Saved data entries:
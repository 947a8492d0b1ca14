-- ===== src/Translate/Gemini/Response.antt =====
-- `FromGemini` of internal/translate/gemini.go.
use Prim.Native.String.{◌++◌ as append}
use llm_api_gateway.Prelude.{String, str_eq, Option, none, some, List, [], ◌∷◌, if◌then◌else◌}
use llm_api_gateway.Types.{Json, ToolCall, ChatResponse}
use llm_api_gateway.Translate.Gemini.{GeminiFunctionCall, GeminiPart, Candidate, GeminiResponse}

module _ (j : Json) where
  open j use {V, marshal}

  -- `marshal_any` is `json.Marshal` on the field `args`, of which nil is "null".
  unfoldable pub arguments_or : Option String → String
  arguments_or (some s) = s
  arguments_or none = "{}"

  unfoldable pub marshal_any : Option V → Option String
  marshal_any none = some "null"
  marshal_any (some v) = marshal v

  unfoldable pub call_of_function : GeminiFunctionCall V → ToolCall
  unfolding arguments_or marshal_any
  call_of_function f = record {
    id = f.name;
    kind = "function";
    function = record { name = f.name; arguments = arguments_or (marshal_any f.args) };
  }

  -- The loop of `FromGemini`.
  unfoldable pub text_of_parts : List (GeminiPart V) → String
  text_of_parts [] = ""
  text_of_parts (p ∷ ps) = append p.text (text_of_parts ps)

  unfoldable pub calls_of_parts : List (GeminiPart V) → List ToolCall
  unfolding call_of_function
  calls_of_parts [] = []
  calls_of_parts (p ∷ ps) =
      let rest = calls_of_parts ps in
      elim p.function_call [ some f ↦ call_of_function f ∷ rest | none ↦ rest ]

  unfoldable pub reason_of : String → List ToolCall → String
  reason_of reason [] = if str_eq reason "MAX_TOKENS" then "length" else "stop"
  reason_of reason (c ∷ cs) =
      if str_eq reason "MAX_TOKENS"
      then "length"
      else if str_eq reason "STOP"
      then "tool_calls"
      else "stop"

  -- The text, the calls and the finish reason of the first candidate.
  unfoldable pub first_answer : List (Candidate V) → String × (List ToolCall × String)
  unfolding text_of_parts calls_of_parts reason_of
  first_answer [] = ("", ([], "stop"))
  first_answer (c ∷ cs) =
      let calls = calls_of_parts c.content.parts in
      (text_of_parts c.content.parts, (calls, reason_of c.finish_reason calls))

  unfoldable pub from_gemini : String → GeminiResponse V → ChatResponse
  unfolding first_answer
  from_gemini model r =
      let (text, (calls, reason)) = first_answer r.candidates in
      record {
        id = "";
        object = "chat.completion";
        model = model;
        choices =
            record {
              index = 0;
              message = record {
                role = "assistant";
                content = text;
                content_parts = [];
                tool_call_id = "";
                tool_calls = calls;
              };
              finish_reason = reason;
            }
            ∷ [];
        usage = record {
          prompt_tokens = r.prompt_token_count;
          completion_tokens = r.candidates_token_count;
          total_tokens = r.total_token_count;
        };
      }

What you will do
In the entries above, identify every line with the string "Option".

Your response
use llm_api_gateway.Prelude.{String, str_eq, Option, none, some, List, [], ◌∷◌, if◌then◌else◌}
  unfoldable pub arguments_or : Option String → String
  unfoldable pub marshal_any : Option V → Option String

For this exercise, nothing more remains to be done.